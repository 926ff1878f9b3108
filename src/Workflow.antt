-- ===== src/Workflow.antt =====
-- internal/workflow/decision.go: what a workflow case does next. `int` and `int64` counters are
-- integers; a Go `*WorkProposal` is an option.
pub mod Authority
mod Examples
use meeseek_collective.Common.{
  ◌≡◌, refl, Bool, true, false, ◌&&◌, not, Option, none, some, List, [], ◌∷◌, String, ◌==◌,
  if◌then◌else◌,
}
use meeseek_collective.Common.Int.{ℤ, pos, leb_ℤ}
use meeseek_collective.Common.Sets.{has_string}
use meeseek_collective.Common.Text.{trim_space}
use meeseek_collective.Common.Result.{Error, failure, Result, ok, err}

pub data Verdict : Type 0 where
  ready continue unknown : Verdict
  unlisted : String → Verdict

pub data Outcome : Type 0 where
  ready continue blocked : Outcome

pub record Grant : Type 0 where
  pub capabilities : List String
  pub actions : List String

pub record WorkProposal : Type 0 where
  pub kind : String
  pub required_capabilities : List String
  pub authority_ceiling : List String
  pub proposed_actions : List String

pub record Assessment : Type 0 where
  pub verdict : Verdict
  pub reason : String
  pub evidence_ids : List String
  pub next : Option WorkProposal

pub record Limits : Type 0 where
  pub max_steps : ℤ
  pub remaining_budget : ℤ

pub record Input : Type 0 where
  pub assessment : Assessment
  pub grant : Grant
  pub limits : Limits
  pub completed_steps : ℤ
  pub progress_signature : String
  pub previous_progress_signature : String

pub record Decision : Type 0 where
  pub outcome : Outcome
  pub reason : String
  pub next : Option WorkProposal

-- The set that the loop builds is read by its elements.
unfoldable pub is_subset : List String → List String → Bool
is_subset [] allowed = true
is_subset (x ∷ xs) allowed = if has_string allowed x then is_subset xs allowed else false

-- The copy shares nothing with its argument; its value is the same.
clone_proposal : Option WorkProposal → Option WorkProposal
clone_proposal none = none
clone_proposal (some p) = some p

unfoldable pub some_blank : List String → Bool
some_blank [] = false
some_blank (x ∷ xs) = if trim_space x == "" then true else some_blank xs

-- The `Continue` case, once the next work is known to be there.
decide_continue : Input → WorkProposal → Result Decision
unfolding clone_proposal
decide_continue input next =
    if trim_space next.kind == ""
    then err (failure "continue assessment must include a next work kind")
    else if not (is_subset next.authority_ceiling input.grant.capabilities)
    then err (failure "next work authority ceiling exceeds grant capabilities")
    else if not (is_subset next.required_capabilities next.authority_ceiling)
    then err (failure "next work required capabilities exceed its authority ceiling")
    else if not (is_subset next.proposed_actions input.grant.actions)
    then err (failure "next work proposed actions exceed grant actions")
    else if leb_ℤ input.limits.max_steps input.completed_steps
    then ok (record { outcome = Outcome.blocked; reason = "maximum steps exhausted"; next = none })
    else if leb_ℤ input.limits.remaining_budget (pos 0)
    then ok
        (record { outcome = Outcome.blocked; reason = "remaining budget exhausted"; next = none })
    else if not (input.progress_signature == "")
        && (input.progress_signature == input.previous_progress_signature)
    then ok (record { outcome = Outcome.blocked; reason = "no progress detected"; next = none })
    else ok (record {
      outcome = Outcome.continue;
      reason = input.assessment.reason;
      next = clone_proposal (some next);
    })

decide_verdict : Input → Verdict → Option WorkProposal → Result Decision
unfolding decide_continue
decide_verdict input Verdict.ready (some next) =
    err (failure "ready assessment cannot include next work")
decide_verdict input Verdict.ready none =
    ok (record { outcome = Outcome.ready; reason = input.assessment.reason; next = none })
decide_verdict input Verdict.unknown _ =
    ok (record { outcome = Outcome.blocked; reason = input.assessment.reason; next = none })
decide_verdict input Verdict.continue none =
    err (failure "continue assessment must include a next work kind")
decide_verdict input Verdict.continue (some next) = decide_continue input next
decide_verdict input (Verdict.unlisted _) _ = err (failure "invalid assessment verdict")

unfoldable pub has_evidence : List String → Bool
has_evidence [] = false
has_evidence (x ∷ xs) = true

unfoldable pub decide : Input → Result Decision
unfolding decide_verdict some_blank has_evidence
decide input =
    if not (has_evidence input.assessment.evidence_ids)
    then err (failure "assessment must include evidence")
    else if some_blank input.assessment.evidence_ids
    then err (failure "assessment evidence ID must not be blank")
    else decide_verdict input input.assessment.verdict input.assessment.next
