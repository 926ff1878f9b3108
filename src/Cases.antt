-- ===== src/Cases.antt =====
-- internal/workflowcase: a case follows one revision of an observed object from its first work to a
-- verification. The JSON forms of requests are arguments; a JSON column that this code writes and reads
-- itself holds the value.
pub mod Observe
pub mod Assess
pub mod Verify
pub mod Materialize
pub mod Calls
pub mod Steps
pub mod Endings
pub mod Invariant
pub mod Replay
mod Examples
use meeseek_collective.Common.{
  ℕ, Bool, true, false, ◌&&◌, not, Option, none, some, List, [], ◌∷◌, String, ◌==◌, if◌then◌else◌,
}
use meeseek_collective.Common.Int.{ℤ}
use meeseek_collective.Common.Sets.{insert_sorted}
use meeseek_collective.Common.Rows.{Keyed, find}
use meeseek_collective.Common.Result.{
  no_rows, failure, Result, ok, err, Tx, or_raise, gets, ◌>>=◌, zoom,
}
use meeseek_collective.Domain.{PurposeKind, PurposeRef}
use meeseek_collective.Purpose.{Purposes, validate_purpose}
use meeseek_collective.Execution.State.{Store}
use meeseek_collective.Workflow.{Grant, WorkProposal, Assessment, Decision}

pub record Observation : Type 0 where
  pub mission : String
  pub source : String
  pub object : String
  pub revision : String
  pub evidence : String
  pub first_work : WorkProposal
  pub grant : Grant
  pub max_steps : ℤ
  pub remaining_budget : ℤ

pub data CaseState : Type 0 where
  active blocked ready_for_verification closed : CaseState

-- A row of workflow_cases. The count of the steps starts at 0 and goes up by one.
pub record Case : Type 0 where
  pub id : String
  pub mission : String
  pub current_work : String
  pub source : String
  pub object : String
  pub revision : String
  pub observation_evidence : String
  pub state : CaseState
  pub next_work : WorkProposal
  pub grant : Grant
  pub completed_steps : ℕ
  pub max_steps : ℤ
  pub remaining_budget : ℤ
  pub progress_signature : String
  pub initial_request : String

pub record AssessmentRequest : Type 0 where
  pub subject : String
  pub work : String
  pub assessment : Assessment
  pub remaining_budget : ℤ
  pub progress_signature : String

pub record AssessmentResult : Type 0 where
  pub decision : Decision
  pub after : Case

-- A row of workflow_assessments.
pub record AssessmentRow : Type 0 where
  pub id : String
  pub subject : String
  pub work : String
  pub request : String
  pub result : AssessmentResult
  pub created_at : ℕ

-- A row of workflow_verifications.
pub record Verification : Type 0 where
  pub id : String
  pub subject : String
  pub verifier : String
  pub verifier_type : String
  pub snapshot_hash : String
  pub snapshot : String
  pub evidence : List String
  pub created_at : ℕ

-- The tables that the service reads and writes; `evidence` has the keys of evidence_objects.
pub record Board : Type 0 where
  pub purposes : Purposes
  pub store : Store
  pub evidence : List String
  pub cases : List Case
  pub assessments : List AssessmentRow
  pub verifications : List Verification

instance abbrev pub case_key : Keyed Case
case_key = record { key = λ c. c.id }

instance abbrev pub assessment_key : Keyed AssessmentRow
assessment_key = record { key = λ a. a.id }

instance abbrev pub verification_key : Keyed Verification
verification_key = record { key = λ v. v.id }

-- `json.Marshal` of the two requests, whose results are compared as texts, and of a reason.
pub record Encoding : Type 0 where
  pub observation : Observation → String
  pub assessment : AssessmentRequest → String
  pub reason : String → String

-- The value of `{}`.
abbrev pub no_work : WorkProposal
no_work = record {
  kind = "";
  required_capabilities = [];
  authority_ceiling = [];
  proposed_actions = [];
}

abbrev pub is_active_case : CaseState → Bool
is_active_case CaseState.active = true
is_active_case _ = false

abbrev pub is_ready_case : CaseState → Bool
is_ready_case CaseState.ready_for_verification = true
is_ready_case _ = false

abbrev pub load_case : String → Tx Board Case
load_case id = do row ← gets (λ s. find id s.cases); or_raise row no_rows

-- `ValidatePurposeTx` of the mission.
abbrev pub require_mission : String → Tx Board (Unit {0})
require_mission mission s =
    elim (validate_purpose s.purposes (record { kind = PurposeKind.mission; id = mission })) [
      | ok u ↦ ok (u, s)
      | err e ↦ err e
    ]

-- `normalizeWorkflowEvidenceIDs`: the empty text is dropped, and nothing is trimmed.
unfoldable pub normalize_evidence : List String → List String
normalize_evidence [] = []
normalize_evidence (v ∷ vs) =
    let rest = normalize_evidence vs in if v == "" then rest else insert_sorted v rest

abbrev pub on_store : {A : Type 0} → Tx Store A → Tx Board A
on_store = zoom (λ s. s.store) (λ x s. record s { store = x })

* * *

■ **About this exercise**:
When you reach the line with "pub result : AssessmentResult" in the records above, start writing out lines exactly, and stop once the line with "-- The value" has been written; include nothing else.

■ **Solution to the problem**:
  pub result : AssessmentResult
  pub created_at : ℕ

-- A row of workflow_verifications.
pub record Verification : Type 0 where
  pub id : String
  pub subject : String
  pub verifier : String
  pub verifier_type : String
  pub snapshot_hash : String
  pub snapshot : String
  pub evidence : List String
  pub created_at : ℕ

-- The tables that the service reads and writes; `evidence` has the keys of evidence_objects.
pub record Board : Type 0 where
  pub purposes : Purposes
  pub store : Store
  pub evidence : List String
  pub cases : List Case
  pub assessments : List AssessmentRow
  pub verifications : List Verification

instance abbrev pub case_key : Keyed Case
case_key = record { key = λ c. c.id }

instance abbrev pub assessment_key : Keyed AssessmentRow
assessment_key = record { key = λ a. a.id }

instance abbrev pub verification_key : Keyed Verification
verification_key = record { key = λ v. v.id }

-- `json.Marshal` of the two requests, whose results are compared as texts, and of a reason.
pub record Encoding : Type 0 where
  pub observation : Observation → String
  pub assessment : AssessmentRequest → String
  pub reason : String → String

-- The value of `{}`.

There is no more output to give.